** Task prompt **
Below are some records; return each one exactly.

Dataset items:
============================================================

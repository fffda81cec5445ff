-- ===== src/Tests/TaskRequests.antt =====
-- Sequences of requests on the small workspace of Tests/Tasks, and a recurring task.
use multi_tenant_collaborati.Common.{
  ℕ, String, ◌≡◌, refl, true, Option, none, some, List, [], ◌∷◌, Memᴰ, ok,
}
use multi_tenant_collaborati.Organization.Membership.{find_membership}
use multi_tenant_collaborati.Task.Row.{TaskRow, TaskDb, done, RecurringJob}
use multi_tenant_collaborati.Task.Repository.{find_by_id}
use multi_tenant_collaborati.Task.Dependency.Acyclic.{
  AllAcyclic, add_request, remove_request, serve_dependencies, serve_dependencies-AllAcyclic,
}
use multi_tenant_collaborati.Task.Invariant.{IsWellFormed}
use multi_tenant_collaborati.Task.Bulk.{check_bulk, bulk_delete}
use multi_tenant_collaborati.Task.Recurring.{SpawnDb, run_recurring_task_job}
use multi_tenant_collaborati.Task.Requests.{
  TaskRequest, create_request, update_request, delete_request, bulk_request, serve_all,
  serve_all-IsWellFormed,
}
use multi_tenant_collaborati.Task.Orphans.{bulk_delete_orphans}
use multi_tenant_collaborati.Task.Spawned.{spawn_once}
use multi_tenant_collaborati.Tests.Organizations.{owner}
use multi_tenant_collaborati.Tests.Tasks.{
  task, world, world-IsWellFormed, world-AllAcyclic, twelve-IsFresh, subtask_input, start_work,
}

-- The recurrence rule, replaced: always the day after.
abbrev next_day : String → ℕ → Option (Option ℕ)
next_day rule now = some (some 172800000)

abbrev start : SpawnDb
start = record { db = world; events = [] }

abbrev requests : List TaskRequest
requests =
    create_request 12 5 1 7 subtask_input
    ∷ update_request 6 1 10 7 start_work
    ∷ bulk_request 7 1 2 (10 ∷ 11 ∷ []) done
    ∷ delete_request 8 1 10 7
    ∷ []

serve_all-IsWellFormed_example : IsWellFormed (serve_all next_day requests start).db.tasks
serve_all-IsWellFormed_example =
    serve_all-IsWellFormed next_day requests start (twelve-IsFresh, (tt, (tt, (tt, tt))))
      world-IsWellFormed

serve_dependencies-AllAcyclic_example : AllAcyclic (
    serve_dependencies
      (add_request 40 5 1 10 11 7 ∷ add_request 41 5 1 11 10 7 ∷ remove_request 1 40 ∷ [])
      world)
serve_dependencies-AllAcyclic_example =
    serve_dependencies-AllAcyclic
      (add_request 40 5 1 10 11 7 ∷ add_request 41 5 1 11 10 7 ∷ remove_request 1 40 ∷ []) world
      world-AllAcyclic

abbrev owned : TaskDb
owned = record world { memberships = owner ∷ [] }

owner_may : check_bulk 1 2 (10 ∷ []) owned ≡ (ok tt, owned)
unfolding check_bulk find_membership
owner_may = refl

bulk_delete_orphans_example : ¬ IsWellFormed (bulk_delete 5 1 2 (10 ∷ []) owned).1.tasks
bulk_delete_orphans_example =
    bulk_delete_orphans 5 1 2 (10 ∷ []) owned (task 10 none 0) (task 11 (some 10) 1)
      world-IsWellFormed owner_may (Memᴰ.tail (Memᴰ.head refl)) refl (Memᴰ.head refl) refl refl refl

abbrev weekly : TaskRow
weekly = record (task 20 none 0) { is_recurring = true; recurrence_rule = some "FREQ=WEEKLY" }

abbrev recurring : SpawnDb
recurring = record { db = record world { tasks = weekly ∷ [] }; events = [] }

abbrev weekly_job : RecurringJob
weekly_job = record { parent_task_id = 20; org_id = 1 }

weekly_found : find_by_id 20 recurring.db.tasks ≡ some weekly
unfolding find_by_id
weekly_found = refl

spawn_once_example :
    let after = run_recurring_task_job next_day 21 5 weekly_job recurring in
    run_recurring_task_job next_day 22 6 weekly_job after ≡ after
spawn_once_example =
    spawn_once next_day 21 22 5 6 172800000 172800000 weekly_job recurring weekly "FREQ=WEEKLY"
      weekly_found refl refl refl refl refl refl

============================================================

** Task output **
repository fffda81cec5445ff
-- ===== src/Tests/TaskRequests.antt =====
-- Sequences of requests on the small workspace of Tests/Tasks, and a recurring task.
use multi_tenant_collaborati.Common.{
  ℕ, String, ◌≡◌, refl, true, Option, none, some, List, [], ◌∷◌, Memᴰ, ok,
}
use multi_tenant_collaborati.Organization.Membership.{find_membership}
use multi_tenant_collaborati.Task.Row.{TaskRow, TaskDb, done, RecurringJob}
use multi_tenant_collaborati.Task.Repository.{find_by_id}
use multi_tenant_collaborati.Task.Dependency.Acyclic.{
  AllAcyclic, add_request, remove_request, serve_dependencies, serve_dependencies-AllAcyclic,
}
use multi_tenant_collaborati.Task.Invariant.{IsWellFormed}
use multi_tenant_collaborati.Task.Bulk.{check_bulk, bulk_delete}
use multi_tenant_collaborati.Task.Recurring.{SpawnDb, run_recurring_task_job}
use multi_tenant_collaborati.Task.Requests.{
  TaskRequest, create_request, update_request, delete_request, bulk_request, serve_all,
  serve_all-IsWellFormed,
}
use multi_tenant_collaborati.Task.Orphans.{bulk_delete_orphans}
use multi_tenant_collaborati.Task.Spawned.{spawn_once}
use multi_tenant_collaborati.Tests.Organizations.{owner}
use multi_tenant_collaborati.Tests.Tasks.{
  task, world, world-IsWellFormed, world-AllAcyclic, twelve-IsFresh, subtask_input, start_work,
}

-- The recurrence rule, replaced: always the day after.
abbrev next_day : String → ℕ → Option (Option ℕ)
next_day rule now = some (some 172800000)

abbrev start : SpawnDb
start = record { db = world; events = [] }

abbrev requests : List TaskRequest
requests =
    create_request 12 5 1 7 subtask_input
    ∷ update_request 6 1 10 7 start_work
    ∷ bulk_request 7 1 2 (10 ∷ 11 ∷ []) done
    ∷ delete_request 8 1 10 7
    ∷ []

serve_all-IsWellFormed_example : IsWellFormed (serve_all next_day requests start).db.tasks
serve_all-IsWellFormed_example =
    serve_all-IsWellFormed next_day requests start (twelve-IsFresh, (tt, (tt, (tt, tt))))
      world-IsWellFormed

serve_dependencies-AllAcyclic_example : AllAcyclic (
    serve_dependencies
      (add_request 40 5 1 10 11 7 ∷ add_request 41 5 1 11 10 7 ∷ remove_request 1 40 ∷ [])
      world)
serve_dependencies-AllAcyclic_example =
    serve_dependencies-AllAcyclic
      (add_request 40 5 1 10 11 7 ∷ add_request 41 5 1 11 10 7 ∷ remove_request 1 40 ∷ []) world
      world-AllAcyclic

abbrev owned : TaskDb
owned = record world { memberships = owner ∷ [] }

owner_may : check_bulk 1 2 (10 ∷ []) owned ≡ (ok tt, owned)
unfolding check_bulk find_membership
owner_may = refl

bulk_delete_orphans_example : ¬ IsWellFormed (bulk_delete 5 1 2 (10 ∷ []) owned).1.tasks
bulk_delete_orphans_example =
    bulk_delete_orphans 5 1 2 (10 ∷ []) owned (task 10 none 0) (task 11 (some 10) 1)
      world-IsWellFormed owner_may (Memᴰ.tail (Memᴰ.head refl)) refl (Memᴰ.head refl) refl refl refl

abbrev weekly : TaskRow
weekly = record (task 20 none 0) { is_recurring = true; recurrence_rule = some "FREQ=WEEKLY" }

abbrev recurring : SpawnDb
recurring = record { db = record world { tasks = weekly ∷ [] }; events = [] }

abbrev weekly_job : RecurringJob
weekly_job = record { parent_task_id = 20; org_id = 1 }

weekly_found : find_by_id 20 recurring.db.tasks ≡ some weekly
unfolding find_by_id
weekly_found = refl

spawn_once_example :
    let after = run_recurring_task_job next_day 21 5 weekly_job recurring in
    run_recurring_task_job next_day 22 6 weekly_job after ≡ after
spawn_once_example =
    spawn_once next_day 21 22 5 6 172800000 172800000 weekly_job recurring weekly "FREQ=WEEKLY"
      weekly_found refl refl refl refl refl refl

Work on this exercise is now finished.